The current study focuses on comparison of areas and comparison of perimeters of geometrical shapes in the framework of the intuitive rule more A – more B. Our recent findings suggested that conflict training could improve students' performance. Here we used such training and compared accuracy of responses and reaction times before and after training.

Two test conditions were examined, congruent: in which correct response is in line with the rule and known to elicit correct responses, and incongruent: in which correct response runs counter to the rule leading to low rate of success (this condition included two types of tasks: incongruent-inverse and incongruent-equal). Two eighth's grade classes took part in the study. One class, the experimental group, received cognitive conflict training while the other, the control group, did not.

The results of the study show that in terms of accuracy of responses in the incongruent condition, the experimental group significantly benefited from the intervention as compared with the control group. In addition, it seems that the cognitive conflict training activated control mechanisms that are effortful as was evident from the reaction times results. We believe that researchers in science and mathematics education would benefit from applying cognitive psychology techniques, as was done in the current study.

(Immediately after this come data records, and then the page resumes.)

-- ===== src/Scheduler/Slots.antt =====
-- The active_builds of a worker is the number of running builds that it has claimed.
use quickworks.Base.{
  ℕ, suc, ◌+◌, ◌*◌, ◌∙◌, sym, ◌≤◌, ◌≡◌, refl, String, Bool, true, false, ◌&&◌, some, List, ◌==◌,
  arith, All, nat_eq, eq_iff, eq_refl, Bool-cases, Option-cases, inl, inr, if◌then◌else◌,
}
use quickworks.Results.{ok}
use quickworks.Table.{count, first, update}
use quickworks.Table.Counts.{count-update_same, first_holds}
use quickworks.Table.Keys.{count_unique}
use quickworks.Table.Rows.{All-update, All-mono, count-update_clears}
use quickworks.Database.{Build, Provisioner, Database, is_running}
use quickworks.Scheduler.{runs_for, release_slot, take_slot}
use quickworks.Scheduler.Leases.{Lease, held, renew, finish, completed, complete_build}

abbrev pub load : List Build → String → ℕ
load builds worker = count (runs_for worker) builds

abbrev pub Tracks : (String → ℕ) → List Provisioner → Type 0
Tracks n ps = All (λ p. p.active_builds ≡ n p.worker_id) ps

pub record Tracked (builds : List Build) (ps : List Provisioner) : Type 0 where
  pub unique : (id : String) → count (λ b. b.id == id) builds ≤ 1
  pub counted : Tracks (load builds) ps
  pub registered :
      (worker : String) → count (λ p. p.worker_id == worker) ps ≡ 0 → load builds worker ≡ 0

abbrev pub IsTracked : Database → Type 0
IsTracked db = Tracked db.builds db.provisioners

-- One worker's slot is released when its load falls by one and no other load changes.
pub release-Tracks :
    (worker : String) (now : ℕ) (m n : String → ℕ) (ps : List Provisioner)
    → m worker ≡ suc (n worker)
    → ((v : String) → (v == worker) ≡ false → m v ≡ n v)
    → Tracks m ps
    → Tracks n (release_slot worker now ps)
unfolding release_slot
release-Tracks worker now m n ps own others =
    All-update _ _ (λ p. p.worker_id == worker) _ ps
      (λ p h t. ground (arith, eq_iff p.worker_id worker))
      (λ p h t. ground (arith, others p.worker_id))

pub take-Tracks :
    (worker : String) (now : ℕ) (m n : String → ℕ) (ps : List Provisioner)
    → n worker ≡ suc (m worker)
    → ((v : String) → (v == worker) ≡ false → m v ≡ n v)
    → Tracks m ps
    → Tracks n (take_slot worker now ps)
unfolding take_slot
take-Tracks worker now m n ps own others =
    All-update _ _ (λ p. p.worker_id == worker) _ ps
      (λ p h t. ground (arith, eq_iff p.worker_id worker))
      (λ p h t. ground (arith, others p.worker_id))

finish-id :
    (succeeded : Bool) (error : String) (now : ℕ) (b : Build) (id : String)
    → ((finish succeeded error now b).id == id) ≡ (b.id == id)
unfolding finish
finish-id succeeded error now b id = refl

pub workers-release :
    (worker : String) (now : ℕ) (v : String) (ps : List Provisioner)
    → count (λ p. p.worker_id == v) (release_slot worker now ps) ≡ count (λ p. p.worker_id == v) ps
unfolding release_slot
workers-release worker now v ps =
    count-update_same (λ p. p.worker_id == v) (λ p. p.worker_id == worker) _ ps (λ p. refl)

module _ (l : Lease) (error : String) (b : Build) (builds : List Build)
    (unique : count (λ x. x.id == l.build_id) builds ≤ 1)
    (found : first (λ x. is_running x.status && held l x) builds ≡ some b) where
  abbrev finished : List Build
  finished = update (λ x. x.id == l.build_id) (finish (error == "") error l.now) builds

  touched :
      (worker : String)
      → count (λ x. (x.id == l.build_id) && runs_for worker x) builds
        ≡ (if l.worker_id == worker then 1 else 0)
  touched worker = elim (Option-cases b.claimed_by) [
    | inl e ↦ absurd (ground (arith, holds))
    | inr (t, e) ↦ ground (arith, holds, one, eq_iff t l.worker_id)
  ]
    where
      holds : (is_running b.status && held l b) ≡ true
      holds = first_holds (λ x. is_running x.status && held l x) builds b found

      one :
          count (λ x. (x.id == l.build_id) && runs_for worker x) builds
          ≡ (if (b.id == l.build_id) && runs_for worker b then 1 else 0)
      one =
          count_unique (λ x. x.id == l.build_id) (λ x. (x.id == l.build_id) && runs_for worker x)
            (λ x. is_running x.status && held l x) builds b (λ x. ground arith) unique found
            (ground (arith, holds))

  load-finished :
      (worker : String)
      → load finished worker + (if l.worker_id == worker then 1 else 0) ≡ load builds worker
  unfolding finish
  load-finished worker = omega (
    arith,
    touched worker,
    count-update_clears (runs_for worker) (λ x. x.id == l.build_id)
        (finish (error == "") error l.now) builds (λ x. ground arith),
  )

-- Completing a build keeps the count of every worker.
pub complete_build-IsTracked :
    (l : Lease) (error : String) (db db' : Database)
    → complete_build l error db ≡ ok db'
    → IsTracked db
    → IsTracked db'
unfolding complete_build completed
complete_build-IsTracked l error db db' h tracked =
    elim (Option-cases (first (λ b. is_running b.status && held l b) db.builds)) [
      | inl e ↦ absurd (ground arith)
      | inr (b, e) ↦
          let same : db' ≡ completed l error b db = ground arith in
          let loads = load-finished l error b db.builds (tracked.unique l.build_id) e in
          rw same (record {
            unique = λ id.
                rw
                  (count-update_same (λ x. x.id == id) (λ x. x.id == l.build_id)
                    (finish (error == "") error l.now) db.builds
                    (λ x. finish-id (error == "") error l.now x id))
                  (tracked.unique id);
            counted =
                release-Tracks l.worker_id l.now (load db.builds) _ db.provisioners
                  (ground (arith, loads l.worker_id, eq_refl l.worker_id))
                  (λ v differs. ground (arith, loads v, eq_iff l.worker_id v, eq_iff v l.worker_id))
                  tracked.counted;
            registered = λ worker gone. ground (
              arith,
              loads worker,
              tracked.registered worker,
              workers-release l.worker_id l.now worker db.provisioners,
            );
          })
    ]

extended : Lease → Build → Build
extended l b = record b { lease_expires_at = some (l.now + 2 * 60) }

extended_ids :
    (l : Lease) (id : String) (builds : List Build)
    → count (λ b. b.id == id) (update (held l) (extended l) builds) ≡ count (λ b. b.id == id) builds
unfolding extended
extended_ids l id builds =
    count-update_same (λ b. b.id == id) (held l) (extended l) builds (λ b. refl)

extended_loads :
    (l : Lease) (worker : String) (builds : List Build)
    → load (update (held l) (extended l) builds) worker ≡ load builds worker
unfolding extended
extended_loads l worker builds =
    count-update_same (runs_for worker) (held l) (extended l) builds (λ b. refl)

-- So does renewing a lease.
pub renew-IsTracked :
    (l : Lease) (db db' : Database) → renew l db ≡ ok db' → IsTracked db → IsTracked db'
unfolding renew
renew-IsTracked l db db' h tracked = elim (Bool-cases (nat_eq (count (held l) db.builds) 1)) [
  | inr other ↦ absurd (ground arith)
  | inl one ↦
      let same : db' ≡ record db { builds = update (held l) (extended l) db.builds } =
        unfold extended in (ground arith) in
      rw same (record {
        unique = λ id. rw (extended_ids l id db.builds) (tracked.unique id);
        counted =
            All-mono _ _ db.provisioners (λ p e. e ∙ sym (extended_loads l p.worker_id db.builds))
              tracked.counted;
        registered =
            λ worker gone. extended_loads l worker db.builds ∙ tracked.registered worker gone;
      })
]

Using such methodologies could lead to a deeper understanding of students' difficulties and reasoning processes, enabling to develop and to evaluate improved instructional strategies.

Background and Aims

The focus of the current study is the intuitive rule: more A -- more B. Recently the reasoning process involved in intuitive responses of the type more A -- more B was studied by employing the reaction time technique. Focusing on the comparison of areas and comparison of perimeters of geometrical shapes Babai et al., (2006) presented high-school students with two task conditions:

1) Congruent - correct response is in line with the rule (Figure 1A).

2) Incongruent - correct response runs counter to rule (Figure 1B1 - incongruent-inverse; Figure 1B2 - incongruent-equal).

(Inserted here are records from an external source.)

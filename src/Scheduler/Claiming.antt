-- ===== src/Scheduler/Claiming.antt =====
-- Registration and claims keep the count of every worker, and a claim stays within its capacity.
use quickworks.Base.{
  ℕ, ◌+◌, ◌≤◌, ◌<◌, ◌≡◌, refl, sym, ◌∙◌, String, ◌&&◌, some, List, [], ◌∷◌, ◌==◌, arith, ltb, leb,
  eq_iff, eq_refl, Bool-cases, Option-cases, inl, inr, if◌then◌else◌,
}
use quickworks.Table.{count, first, update}
use quickworks.Table.Counts.{
  count-insert, count-update, count-update_same, count-false, count_mono, first_holds,
}
use quickworks.Table.Keys.{count_unique}
use quickworks.Table.Rows.{All-update, All-insert}
use quickworks.Database.{Build, Provisioner, Database}
use quickworks.Scheduler.{runs_for, take_slot}
use quickworks.Scheduler.Labels.{labels_contain}
use quickworks.Scheduler.Claim.{
  Claim, new_provisioner, register, lease_build, still_queued, grant, candidates, claim_first,
  claim_matching_build,
}
use quickworks.Scheduler.Slots.{load, Tracked, IsTracked, take-Tracks}

lease_build-id : (c : Claim) (b : Build) (id : String) → ((lease_build c b).id == id) ≡ (b.id == id)
unfolding lease_build
lease_build-id c b id = refl

workers-take :
    (worker : String) (now : ℕ) (v : String) (ps : List Provisioner)
    → count (λ p. p.worker_id == v) (take_slot worker now ps) ≡ count (λ p. p.worker_id == v) ps
unfolding take_slot
workers-take worker now v ps =
    count-update_same (λ p. p.worker_id == v) (λ p. p.worker_id == worker) _ ps (λ p. refl)

abbrev pub Registered : String → List Provisioner → Type 0
Registered worker ps = 0 < count (λ p. p.worker_id == worker) ps

module _ (c : Claim) (e b : Build) (builds : List Build) (ps : List Provisioner)
    (found : first (still_queued e) builds ≡ some b) (tracked : Tracked builds ps) where
  abbrev leased : List Build
  leased = update (still_queued e) (lease_build c) builds

  one_queued : count (still_queued e) builds ≡ 1
  one_queued = ground (
    arith,
    first_holds (still_queued e) builds b found,
    count_unique (λ x. x.id == e.id) (still_queued e) (still_queued e) builds b (λ x. ground arith)
        (tracked.unique e.id) found,
  )

  leased_by :
      (worker : String)
      → count (λ x. still_queued e x && runs_for worker (lease_build c x)) builds
        ≡ (if c.worker_id == worker then 1 else 0)
  unfolding lease_build
  leased_by worker = elim (Bool-cases (c.worker_id == worker)) [
    | inl own ↦ ground (
      arith,
      one_queued,
      count_mono (λ x. still_queued e x && runs_for worker (lease_build c x)) (still_queued e)
          builds (λ x. ground arith),
      count_mono (still_queued e) (λ x. still_queued e x && runs_for worker (lease_build c x))
          builds (λ x. ground arith),
    )
    | inr other ↦ ground (
      arith,
      count-false (λ x. still_queued e x && runs_for worker (lease_build c x)) builds
          (λ x. ground arith),
    )
  ]

  load-leased :
      (worker : String)
      → load leased worker ≡ load builds worker + (if c.worker_id == worker then 1 else 0)
  load-leased worker = omega (
    arith,
    leased_by worker,
    count-update (runs_for worker) (still_queued e) (lease_build c) builds,
    count-false (λ x. still_queued e x && runs_for worker x) builds (λ x. ground arith),
  )

  unique-leased : (id : String) → count (λ x. x.id == id) leased ≤ 1
  unique-leased id =
      rw
        (count-update_same (λ x. x.id == id) (still_queued e) (lease_build c) builds
          (λ x. lease_build-id c x id))
        (tracked.unique id)

  leased-Tracked : Registered c.worker_id ps → Tracked leased (take_slot c.worker_id c.now ps)
  leased-Tracked present = record {
    unique = unique-leased;
    counted =
        take-Tracks c.worker_id c.now (load builds) _ ps
          (ground (arith, load-leased c.worker_id, eq_refl c.worker_id))
          (λ v differs. ground (arith, load-leased v, eq_iff v c.worker_id, eq_iff c.worker_id v))
          tracked.counted;
    registered = λ v gone. ground (
      arith,
      load-leased v,
      workers-take c.worker_id c.now v ps,
      tracked.registered v,
      eq_iff c.worker_id v,
      present,
    );
  }

-- A claim keeps the count of every worker.
pub claim_first-IsTracked :
    (required : String → List String) (c : Claim) (es : List Build) (db : Database)
    → Registered c.worker_id db.provisioners
    → IsTracked db
    → IsTracked (claim_first required c es db).1
unfolding claim_first grant
claim_first-IsTracked required c [] db present tracked = tracked
claim_first-IsTracked required c (e ∷ es) db present tracked =
    elim (Bool-cases (labels_contain c.labels (required e.template_name))) [
      | inr lacks ↦ rw lacks (claim_first-IsTracked required c es db present tracked)
      | inl has ↦ rw has (elim (Option-cases (first (still_queued e) db.builds)) [
        | inl absent ↦ rw absent (claim_first-IsTracked required c es db present tracked)
        | inr (b, found) ↦
            rw found (leased-Tracked c e b db.builds db.provisioners found tracked present)
      ])
    ]

-- A build that is claimed puts its worker one build up, and nobody else.
pub claim_first-load :
    (required : String → List String) (c : Claim) (es : List Build) (db : Database) (b : Build)
    → IsTracked db
    → (claim_first required c es db).0 ≡ some b
    → load (claim_first required c es db).1.builds c.worker_id ≡ load db.builds c.worker_id + 1
unfolding claim_first grant
claim_first-load required c [] db b tracked h = cc
claim_first-load required c (e ∷ es) db b tracked h =
    elim (Bool-cases (labels_contain c.labels (required e.template_name))) [
      | inr lacks ↦ rw lacks (claim_first-load required c es db b tracked (ground arith))
      | inl has ↦ rw has (elim (Option-cases (first (still_queued e) db.builds)) [
        | inl absent ↦ rw absent (claim_first-load required c es db b tracked (ground arith))
        | inr (b', found) ↦ rw found (
            ground (
              arith,
              load-leased c e b' db.builds db.provisioners found tracked c.worker_id,
              eq_refl c.worker_id,
            ))
      ])
    ]

-- If the counts of running builds are right, a worker that is given a build runs no more builds
-- than the capacity that it claims with.
pub claim_matching_build-capacity :
    (required : String → List String) (c : Claim) (db : Database) (b : Build)
    → IsTracked db
    → (claim_matching_build required c db).0 ≡ some b
    → load (claim_matching_build required c db).1.builds c.worker_id ≤ c.capacity
unfolding claim_matching_build
claim_matching_build-capacity required c db b tracked h =
    ground (arith, claim_first-load required c (candidates db) db b tracked)

-- Registering a worker, new or known, keeps the count of every worker.
pub register-IsTracked : (c : Claim) (db : Database) → IsTracked db → IsTracked (register c db)
unfolding register new_provisioner
register-IsTracked c db tracked =
    elim (Bool-cases (ltb 0 (count (λ p. p.worker_id == c.worker_id) db.provisioners))) [
      | inl known ↦ rw known (record {
        unique = tracked.unique;
        counted =
            All-update _ _ (λ p. p.worker_id == c.worker_id) _ db.provisioners (λ p h t. h)
              (λ p h t. h) tracked.counted;
        registered = λ v gone. tracked.registered v (
            sym (
              count-update_same (λ p. p.worker_id == v) (λ p. p.worker_id == c.worker_id) _
                db.provisioners (λ p. refl))
            ∙ gone);
      })
      | inr unknown ↦ rw unknown (record {
        unique = tracked.unique;
        counted =
            All-insert _ _ db.provisioners (sym (tracked.registered c.worker_id (ground arith)))
              tracked.counted;
        registered = λ v gone. ground (
          arith,
          tracked.registered v,
          count-insert (λ p. p.worker_id == v) (new_provisioner c) db.provisioners,
        );
      })
    ]

-- Behind its registration a worker has a row.
pub register-Registered :
    (c : Claim) (db : Database) → Registered c.worker_id (register c db).provisioners
unfolding register new_provisioner
register-Registered c db = ground (
  arith,
  eq_refl c.worker_id,
  count-insert (λ p. p.worker_id == c.worker_id) (new_provisioner c) db.provisioners,
  count-update_same (λ p. p.worker_id == c.worker_id) (λ p. p.worker_id == c.worker_id)
      (λ p. record p {
        labels = c.labels;
        capacity = c.capacity;
        last_seen_at = c.now;
        updated_at = c.now;
      })
      db.provisioners (λ p. refl),
)

-- The transaction of a claim, for a registered worker.
pub claim_matching_build-IsTracked :
    (required : String → List String) (c : Claim) (db : Database)
    → Registered c.worker_id db.provisioners
    → IsTracked db
    → IsTracked (claim_matching_build required c db).1
unfolding claim_matching_build
claim_matching_build-IsTracked required c db present tracked =
    elim (Bool-cases (leb c.capacity (load db.builds c.worker_id))) [
      | inl full ↦ rw full tracked
      | inr room ↦ rw room (claim_first-IsTracked required c (candidates db) db present tracked)
    ]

Almost all students provided correct responses to the comparison-of-area in all conditions and to the comparison-of-perimeter, congruent trials. About 99% and 54% correct responses were obtained to the comparison-of-perimeter incongruent-inverse and incongruent-equal, respectively, both with significantly longer reaction times for correct responses, compared with the reaction time for correct responses in the congruent condition (Babai et al., 2006).

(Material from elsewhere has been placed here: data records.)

-- ===== src/Scheduler/Lifecycle.antt =====
-- The life of a build: leased once, ended once, and failed when its lease has run out.
use quickworks.Base.{
  ℕ, ◌≤◌, ◌<◌, ◌≡◌, String, Bool, true, false, ◌&&◌, none, List, [], ◌∷◌, ◌==◌, arith, All, any,
  eq_iff, eq_refl, Bool-cases, Option-cases, inl, inr,
}
use quickworks.Results.{ok, err, lease_expired}
use quickworks.Table.{count, select, first, update}
use quickworks.Table.Counts.{first_holds, first-count, first-none}
use quickworks.Table.Rows.{
  All-update, All-mono, count-update_none, count-update_keeps, All-count_none,
}
use quickworks.Database.{Build, Database, is_running}
use quickworks.Scheduler.Labels.{labels_contain}
use quickworks.Scheduler.Claim.{
  Claim, fail_expired, still_running, expire_one, expire_each, is_expired, expire_leases,
  lease_build, still_queued, grant, candidates, claim_first, claim_matching_build,
}
use quickworks.Scheduler.Leases.{Lease, held, finish, completed, complete_build}

-- A running build under a lease that still runs.
abbrev pub in_hand : Lease → Build → Bool
in_hand l b = is_running b.status && held l b

-- Once a build has been completed, every further completion of it, by any worker, under any lease
-- and at any time, fails as an expired lease.
pub complete_twice :
    (l l' : Lease) (error error' : String) (db db' : Database)
    → l'.build_id ≡ l.build_id
    → complete_build l error db ≡ ok db'
    → complete_build l' error' db' ≡ err lease_expired
unfolding complete_build
complete_twice l l' error error' db db' same h = elim (Option-cases (first (in_hand l) db.builds)) [
  | inl e ↦ absurd (ground arith)
  | inr (b, e) ↦
      let after : db' ≡ completed l error b db = ground arith in rw (after, ended b, complete_build)
]
  where
    ended : (b : Build) → first (in_hand l') (completed l error b db).builds ≡ none
    ended b =
        unfold completed finish in
        (first-none (in_hand l') _ (
          count-update_none (in_hand l') (λ x. x.id == l.build_id)
            (finish (error == "") error l.now) db.builds (λ x t. ground arith)
            (λ x t. ground arith)))

-- What a lease holder completes it holds; anybody else is refused and changes nothing.
pub complete_needs_lease :
    (l : Lease) (error : String) (db db' : Database)
    → complete_build l error db ≡ ok db'
    → 0 < count (in_hand l) db.builds
unfolding complete_build
complete_needs_lease l error db db' h = elim (Option-cases (first (in_hand l) db.builds)) [
  | inl e ↦ absurd (ground arith)
  | inr (b, e) ↦
      first-count (in_hand l) (in_hand l) db.builds b e (first_holds (in_hand l) db.builds b e)
]

-- No claim takes a running build from the worker that holds its lease.
claim_first-in_hand :
    (required : String → List String) (c : Claim) (es : List Build) (db : Database) (l : Lease)
    → count (in_hand l) db.builds ≤ count (in_hand l) (claim_first required c es db).1.builds
unfolding claim_first grant
claim_first-in_hand required c [] db l = omega arith
claim_first-in_hand required c (e ∷ es) db l =
    elim (Bool-cases (labels_contain c.labels (required e.template_name))) [
      | inr lacks ↦ rw lacks (claim_first-in_hand required c es db l)
      | inl has ↦ rw has (elim (Option-cases (first (still_queued e) db.builds)) [
        | inl absent ↦ rw absent (claim_first-in_hand required c es db l)
        | inr (b, found) ↦ rw found (
            count-update_keeps (in_hand l) (still_queued e) (lease_build c) db.builds
              (λ x. ground arith))
      ])
    ]

-- A claim takes no running build out of the hands of the worker that holds its lease.
pub claim_matching_build-in_hand :
    (required : String → List String) (c : Claim) (db : Database) (l : Lease)
    → count (in_hand l) db.builds ≤ count (in_hand l) (claim_matching_build required c db).1.builds
unfolding claim_matching_build
claim_matching_build-in_hand required c db l =
    grind (arith, claim_first-in_hand required c (candidates db) db l)

abbrev listed : List Build → Build → Bool
listed es b = any (λ e. e.id == b.id) es

-- Every build that has to expire is still on the list.
abbrev Pending : ℕ → List Build → List Build → Type 0
Pending now es = All (λ b. is_expired now b ≡ true → listed es b ≡ true)

expire_one-Pending :
    (now : ℕ) (e : Build) (es : List Build) (db : Database)
    → Pending now (e ∷ es) db.builds
    → Pending now es (expire_one now e db).builds
unfolding expire_one fail_expired
expire_one-Pending now e es db pending = rw builds_of_round after
  where
    after : Pending now es (update (still_running e) (fail_expired now) db.builds)
    after =
        All-update _ _ (still_running e) (fail_expired now) db.builds (λ b h t. λ x. cc)
          (λ b h t x. ground (arith, h x, eq_iff b.id e.id, eq_iff e.id b.id)) pending

    builds_of_round :
        (expire_one now e db).builds ≡ update (still_running e) (fail_expired now) db.builds
    builds_of_round = ground arith

expire_each-Pending :
    (now : ℕ) (es : List Build) (db : Database)
    → Pending now es db.builds
    → Pending now [] (expire_each now es db).builds
unfolding expire_each
expire_each-Pending now [] db pending = pending
expire_each-Pending now (e ∷ es) db pending =
    expire_each-Pending now es (expire_one now e db) (expire_one-Pending now e es db pending)

all_listed : (now : ℕ) (builds : List Build) → Pending now (select (is_expired now) builds) builds
unfolding select
all_listed now [] = tt
all_listed now (b ∷ bs) = elim (Bool-cases (is_expired now b)) [
  | inl t ↦ rw t (
    (λ x. ground (arith, eq_refl b.id)),
    All-mono _ _ bs (λ x h t'. ground (arith, h t')) (all_listed now bs),
  )
  | inr t ↦ rw t ((λ x. cc), All-mono _ _ bs (λ x h t'. ground (arith, h t')) (all_listed now bs))
]

-- After expireLeases at a time no running build has a lease that has run out by that time.
pub expire_leases-none_expired :
    (now : ℕ) (db : Database) → count (is_expired now) (expire_leases now db).builds ≡ 0
unfolding expire_leases
expire_leases-none_expired now db = All-count_none (is_expired now) _ (
    All-mono _ _ _ (λ b h. not_expired b h)
      (expire_each-Pending now (select (is_expired now) db.builds) db (all_listed now db.builds)))
  where
    not_expired : (b : Build) → (is_expired now b ≡ true → false ≡ true) → is_expired now b ≡ false
    not_expired b h = elim (Bool-cases (is_expired now b)) [ inl t ↦ absurd (cc (h t)) | inr f ↦ f ]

These findings suggested that conflict training could improve students' performance. In the current study we used such training and compared accuracy of responses and reaction times before and after training.

Methodology

Forty seven eighth's grade students from two classes of the same school participated in the study. One class serves as experimental group (N=23) and the other as control group (N=24).

We used the comparison-of-area and comparison-of-perimeter test (Babai et al., 2006).  The test consists of 16 congruent, 16 incongruent-inverse and 16 incongruent-equal trials. In each trial two polygons, similar to the ones shown in Figure 1, were presented on a computer screen, until the participant gave a response (right is larger; left is larger; both are equal) by pressing an appropriate key.

Each participant was twice presented with the entire test, once as a pre-test and the other, after a month, as a post-test. The participants were individually tested in two sessions (comparison-of-area and comparison-of-perimeter) on two different days, week apart.

The experimental group received cognitive conflict training (for 45 min) that included three steps: 1) Students individually compared perimeters of three types of tasks: congruent; incongruent-inverse; incongruent-equal; 2) Evoke of cognitive conflict during class discussion; 3) Students individually exercised the comparison-of-perimeters (10 tasks).   

Findings

Pre-test

Pre-test results (Table 1) were similar to those reported by Babai et al, (2006).